Sawako Ariyoshi, la Simone de Beauvoir japonaise

28.01.2020

TexteClémence Leleu

Sawako Ariyoshi, née en 1931, est une des écrivaines japonaises phare du XXe siècle. Son succès, monumental dans le Japon d’après-guerre, fut à la hauteur des controverses qu’elle suscita, tant les thèmes abordés dans ses romans bousculaient les codes bien établis d’une société nippone conservatrice. Des sujets qui sont aujourd’hui résolument dans l’air du temps.

L’auteure naît dans la ville côtière de Wakayama, avant de quitter le Japon à six ans pour s’établir avec ses parents en Indonésie en 1937. Quatre ans plus tard, la famille est de retour dans l’archipel et prend ses quartiers à Tokyo.

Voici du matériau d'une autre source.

-- ===== src/Bank/Accounts/Again.antt =====
-- A request for an account (bank/api.py) that is sent again under its key.
use mock_sim.Base.{
  ℕ, suc, ◌+◌, ◌*◌, ◌<◌, none, first, arith, ◌≡◌, sym, ap, ◌∙◌, ◌&&◌, not, Option, some, [], ◌++◌,
  Text, text_eq, any_row, update_where,
}
use mock_sim.Errors.{python_error, bad_request, invalid_iban}
use mock_sim.Models.{Account, AccountResponse, non_money, account_body}
use mock_sim.Session.{Env, Db, ok, raise_if}
use mock_sim.Session.Rules.{ReadsOnly-lift, ReadsOnly-raise_if, >>=-eq-ok, >>=-eq-ok_reads}
use mock_sim.Iban.{gen_iban}
use mock_sim.Calendar.{microseconds_per_second}
use mock_sim.Idempotency.{expiry, prune_idempotency_records, is_record, completed, complete_record}
use mock_sim.Idempotency.Replay.{Stores, endpoint-again_pruned}
use mock_sim.Bank.Regions.{get_region}
use mock_sim.Bank.Accounts.{
  CreateAccountRequest, as_account, account_response, new_account, needs_parent, has_parent,
  is_orphan, insert_account, start_account, create_account,
}

insert_account-ok :
    (a : Account) (d s : Db)
    → insert_account a d ≡ (ok tt, s)
    → (s.idempotency ≡ d.idempotency ++ d.unflushed) × (s.unflushed ≡ [])
unfolding insert_account
insert_account-ok a d s h =
    let taken = any_row (λ (x : Account). text_eq x.iban a.iban) d.accounts in
    let orphan = is_orphan a.parent_iban d.accounts in
    let (_, _, free) =
      >>=-eq-ok_reads (raise_if taken python_error) _ d tt s (ReadsOnly-raise_if taken python_error)
        h in
    let (_, _, rest) =
      >>=-eq-ok_reads (raise_if orphan python_error) _ d tt s
        (ReadsOnly-raise_if orphan python_error) free in
    (ap (λ p. p.1.idempotency) (sym rest), ap (λ p. p.1.unflushed) (sym rest))

module _ (env : Env) (randint : Option Text → ℕ → ℕ) (key : Text)
    (body : CreateAccountRequest) where
  start_account-Stores :
      (tenant : ℕ) (resp : AccountResponse) (d s : Db)
      → start_account env randint key body tenant d ≡ (ok resp, s)
      → Stores env tenant key as_account resp d s
  unfolding start_account complete_record
  start_account-Stores tenant resp d s h =
      let (_, _, h1) = >>=-eq-ok_reads _ _ d resp s (ReadsOnly-lift (get_region body.region)) h in
      let (_, _, h2) =
        >>=-eq-ok_reads _ _ d resp s
          (ReadsOnly-raise_if (needs_parent body.account_type && not (has_parent body.parent_iban))
            (bad_request invalid_iban))
          h1 in
      let (iban, _, h3) =
        >>=-eq-ok_reads _ _ d resp s (ReadsOnly-lift (gen_iban body.region (randint body.seed)))
          h2 in
      let account = new_account env (env.draw d.draws) tenant body iban in
      let drawn = record d { draws = suc d.draws } in
      let inserted = >>=-eq-ok (insert_account account) _ drawn resp s h3 in
      let i = insert_account-ok account drawn inserted.state inserted.head in
      let written = account_body (account_response account) in
      record {
        code = 201;
        body = written;
        readable = unfold as_account in ap (λ p. p.0) inserted.rest;
        stored =
            ap (λ p. p.1.idempotency) (sym inserted.rest)
            ∙ ap (λ rows. update_where (is_record env tenant key) (completed 201 written) rows) i.0;
        flushed = ap (λ p. p.1.unflushed) (sym inserted.rest) ∙ i.1;
      }

module _ (env env' : Env) (randint : Option Text → ℕ → ℕ) (tenant : ℕ) (key : Text)
    (dump : CreateAccountRequest → Text) (body : CreateAccountRequest) (resp : AccountResponse)
    (d : Db) (at : env.tenant ≡ some tenant) (at' : env'.tenant ≡ some tenant)
    (same_sha : env'.sha256 ≡ env.sha256) (clean : d.unflushed ≡ [])
    (first_response : (create_account env randint dump key body d).0 ≡ ok resp) where
  -- A request for an account under a new key that has been answered is answered the same when it is
  -- sent again under the key by the same tenant, and no second account is made: at any time, whatever
  -- digits are drawn, and after a pruning of the store that has run within 24 hours of the first
  -- request. A later pruning deletes the record.
  pub create_account-again :
      (randint' : Option Text → ℕ → ℕ) (pruner : Env)
      → first (is_record env tenant key) d.idempotency ≡ none
      → pruner.wall < env.wall + 24 * 3600 * microseconds_per_second
      → let s =
          (prune_idempotency_records pruner (create_account env randint dump key body d).1).1 in
        create_account env' randint' dump key body s ≡ (ok resp, s)
  unfolding create_account expiry
  create_account-again randint' pruner fresh early =
      endpoint-again_pruned as_account non_money tenant key (dump body) env
        (start_account env randint key body) at (start_account-Stores env randint key body tenant)
        env' at' same_sha resp d clean first_response (start_account env' randint' key body) pruner
        fresh (ground arith)
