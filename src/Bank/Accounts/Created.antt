-- ===== src/Bank/Accounts/Created.antt =====
-- An account that bank/api.py creates, and the ledger.
use mock_sim.Base.{
  ℕ, suc, ◌≡◌, refl, inl, inr, Bool, true, false, Option, none, some, Text, text_eq, any_row, first,
  if◌then◌else◌, Bool-cases,
}
use mock_sim.Base.Int.{pos}
use mock_sim.Errors.{Error}
use mock_sim.Models.{Account, IdempotencyRecord, EndpointClass, ResponseBody, non_money}
use mock_sim.Session.{
  Env, Db, Session, Result, ok, err, pure, raise, lift, raise_if, draw_id, flush, close_session,
}
use mock_sim.Session.Rules.{Keeps, Keeps-bind, ReadsOnly-Keeps, ReadsOnly-lift, ReadsOnly-raise_if}
use mock_sim.Accounts.Booked.{IsBooked, IsBooked-same, added-IsBooked, any_row-first}
use mock_sim.Idempotency.{is_record, body_hash, complete_record, get_or_start, start_or_check}
use mock_sim.Idempotency.Endpoint.{endpoint, handle, answer}
use mock_sim.Bank.Accounts.{
  CreateAccountRequest, as_account, new_account, is_orphan, insert_account, start_account,
  create_account,
}

module _ (a : Account) (nothing : (a.balance ≡ pos 0) × (a.available_balance ≡ pos 0)) where
  inserted-IsBooked : (d : Db) → IsBooked d → IsBooked (insert_account a d).1
  unfolding insert_account
  inserted-IsBooked d b = elim (Bool-cases (any_row (λ x. text_eq x.iban a.iban) d.accounts)) [
    | inl taken ↦ rw taken b
    | inr free ↦ elim (Bool-cases (is_orphan a.parent_iban d.accounts)) [
      | inl orphan ↦ rw (free, orphan) b
      | inr child ↦
          rw (free, child)
            (added-IsBooked d a (any_row-first (λ x. text_eq x.iban a.iban) d.accounts free) nothing
              b)
    ]
  ]

  insert_account-Keeps : Keeps IsBooked (insert_account a)
  insert_account-Keeps = record { at = inserted-IsBooked }

Keeps-lift_any : {A : Type 0} (r : Result A) → Keeps IsBooked (lift r)
Keeps-lift_any r = ReadsOnly-Keeps IsBooked (lift r) (ReadsOnly-lift r)

Keeps-raise_if : (c : Bool) (e : Error) → Keeps IsBooked (raise_if c e)
Keeps-raise_if c e = ReadsOnly-Keeps IsBooked (raise_if c e) (ReadsOnly-raise_if c e)

Keeps-draw_id : (env : Env) → Keeps IsBooked (draw_id env)
Keeps-draw_id env = record {
  at = λ d b. IsBooked-same d (record d { draws = suc d.draws }) refl refl b;
}

Keeps-pure : {A : Type 0} (a : A) → Keeps IsBooked (pure a)
Keeps-pure a = record { at = λ d b. b }

Keeps-raise : {A : Type 0} (e : Error) → Keeps IsBooked (raise {A = A} e)
Keeps-raise e = record { at = λ d b. b }

Keeps-if :
    {A : Type 0} (c : Bool) (m k : Session A)
    → Keeps IsBooked m
    → Keeps IsBooked k
    → Keeps IsBooked (if c then m else k)
Keeps-if true m k h g = h
Keeps-if false m k h g = g

complete_record-Keeps :
    (env : Env) (tenant : ℕ) (key : Text) (code : ℕ) (body : ResponseBody)
    → Keeps IsBooked (complete_record env tenant key code body)
unfolding complete_record
complete_record-Keeps env tenant key code body = record {
  at = λ d b. IsBooked-same d (complete_record env tenant key code body d).1 refl refl b;
}

ruleset booked_rules = (
  Keeps-bind, Keeps-lift_any, Keeps-raise_if, Keeps-draw_id, Keeps-pure, Keeps-raise, Keeps-if,
  complete_record-Keeps,
)

module _ (env : Env) (randint : Option Text → ℕ → ℕ) (key : Text)
    (body : CreateAccountRequest) where
  new_account-Keeps :
      (id tenant : ℕ) (iban : Text)
      → Keeps IsBooked (insert_account (new_account env id tenant body iban))
  unfolding new_account
  new_account-Keeps id tenant iban =
      insert_account-Keeps (new_account env id tenant body iban) (refl, refl)

  start_account-Keeps : (tenant : ℕ) → Keeps IsBooked (start_account env randint key body tenant)
  unfolding start_account
  start_account-Keeps tenant = search (booked_rules, new_account-Keeps) depth 14

start_or_check-Keeps :
    (env : Env) (tenant : ℕ) (key hash : Text) (c : EndpointClass)
    (existing : Option IdempotencyRecord)
    → Keeps IsBooked (start_or_check env tenant key hash c existing)
unfolding start_or_check
start_or_check-Keeps env tenant key hash c none = record {
  at = λ d b. IsBooked-same d (start_or_check env tenant key hash c none d).1 refl refl b;
}
start_or_check-Keeps env tenant key hash c (some existing) = search booked_rules

get_or_start-Keeps :
    (env : Env) (tenant : ℕ) (key dumped : Text) (c : EndpointClass)
    → Keeps IsBooked (get_or_start env tenant key dumped c)
unfolding get_or_start
get_or_start-Keeps env tenant key dumped c = record {
  at = λ d b.
      (start_or_check-Keeps env tenant key (body_hash env dumped) c
          (first (is_record env tenant key) d.idempotency)).at
        d b;
}

module _ {A : Type 0} (env : Env) where
  answer-Keeps :
      (read : Option ResponseBody → Result A) (start : Session A)
      → Keeps IsBooked start
      → (existing : Option IdempotencyRecord) → Keeps IsBooked (answer read start existing)
  unfolding answer
  answer-Keeps read start k (some cached) = Keeps-lift_any (read cached.response_body)
  answer-Keeps read start k none = k

  handle-Keeps :
      (key dumped : Text) (c : EndpointClass) (read : Option ResponseBody → Result A)
      (start : ℕ → Session A)
      → ((tenant : ℕ) → Keeps IsBooked (start tenant))
      → (tenant : Option ℕ) → Keeps IsBooked (handle env key dumped c read start tenant)
  unfolding handle
  handle-Keeps key dumped c read start k none = record { at = λ d b. b }
  handle-Keeps key dumped c read start k (some tenant) =
      Keeps-bind IsBooked (get_or_start env tenant key dumped c) (answer read (start tenant))
        (get_or_start-Keeps env tenant key dumped c) (answer-Keeps read (start tenant) (k tenant))

  closed-IsBooked :
      (r : Result A) (d d' : Db) → IsBooked d → IsBooked d' → IsBooked (close_session r d d').1
  closed-IsBooked (ok a) d d' b b' = IsBooked-same d' (flush d') refl refl b'
  closed-IsBooked (err e) d d' b b' = b

  endpoint-Keeps :
      (key dumped : Text) (c : EndpointClass) (read : Option ResponseBody → Result A)
      (start : ℕ → Session A)
      → ((tenant : ℕ) → Keeps IsBooked (start tenant))
      → Keeps IsBooked (endpoint env key dumped c read start)
  unfolding endpoint
  endpoint-Keeps key dumped c read start k = record {
    at = λ d b.
        let m = handle env key dumped c read start env.tenant in
        closed-IsBooked (m d).0 d (m d).1 b
          ((handle-Keeps key dumped c read start k env.tenant).at d b);
  }

module _ (env : Env) (randint : Option Text → ℕ → ℕ) (dump : CreateAccountRequest → Text)
    (key : Text) (body : CreateAccountRequest) where
  -- A request to create an account keeps the ledger, and that there is no entry of an account that is
  -- not in the table, whether it returns or raises.
  pub create_account-IsBooked :
      (d : Db) → IsBooked d → IsBooked (create_account env randint dump key body d).1
  unfolding create_account
  create_account-IsBooked d b =
      (endpoint-Keeps env key (dump body) non_money as_account (start_account env randint key body)
          (start_account-Keeps env randint key body)).at
        d b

La jeune femme se lance, à la fin du lycée, dans des études de littérature et de théâtre, son père étant un grand adepte de kabuki, le théâtre traditionnel japonais. Après un cursus à la Tokyo Woman’s Christian University, Sawako Ariyoshi s’envole pour New York où elle étudie le théâtre, sur invitation de la fondation Rockefeller.

Si l’auteur signe quelques pièces de théâtre, elle est davantage connue pour sa production romanesque. Son premier ouvrage Jiuta, est publié en 1956. Sawako Ariyoshi publiera, au cours de sa carrière, – subitement interrompue par son décès d’une crise cardiaque en 1984 – pas moins de soixante romans, traduits en douze langues. Son regard acéré sur la société japonaise couplé sa vision féministe en font à la fois une écrivaine à succès qui a vu nombre nombre de ses oeuvres adaptées à la télévision et au cinéma, et une paria dans le petit milieu littéraire nippon, encore trop conservateur pour comprendre l’avant-garde de ses écrits.

Deux de ses oeuvres sont particulièrement marquantes : Les dames de Kimoto, publiée en 1959 et vendue à plus de 3 millions d’exemplaires au Japon, narre le récit des amours, des passions et des drames vécus par trois femmes de générations différentes, de la fin du XIXe siècle jusqu’aux années 50. Cette fresque sociale de la condition féminine sera adaptée par la NHK, puis transformée en long-métrage diffusé dans les salles obscures en 1966.

Les années du crépuscule, sortie en 1970, évoque quant à elle les thèmes sensibles de la démence, de la sénilité et du rôle des femmes dans la prise en charge des personnes dépendantes. L’héroïne Akiko, employée dans un cabinet d’avocat, doit assister son beau-père malade et répondre à ses moindres besoins. Une situation qui porte préjudice à sa carrière professionnelle tandis que son mari, salaryman d’une firme japonaise, ne bouscule en rien son quotidien pour venir en aide à son père.

Sawako Ariyoshi est à la tête d’un corpus foisonnant, où l’environnement (Ariyoshi Sawako no Chugoku Repoto, 1978) et la question raciale (Hishoku, 1967) sont également très ancrés. Elle obtient en 1966 le prix de littérature féminine, décerné chaque année à des ouvrages exceptionnels de femmes écrivaines au Japon, et est couronnée du prestigieux Grand Prix de littérature japonaise en 1970 pour son roman dédié au kabuki Izumo no Okuni.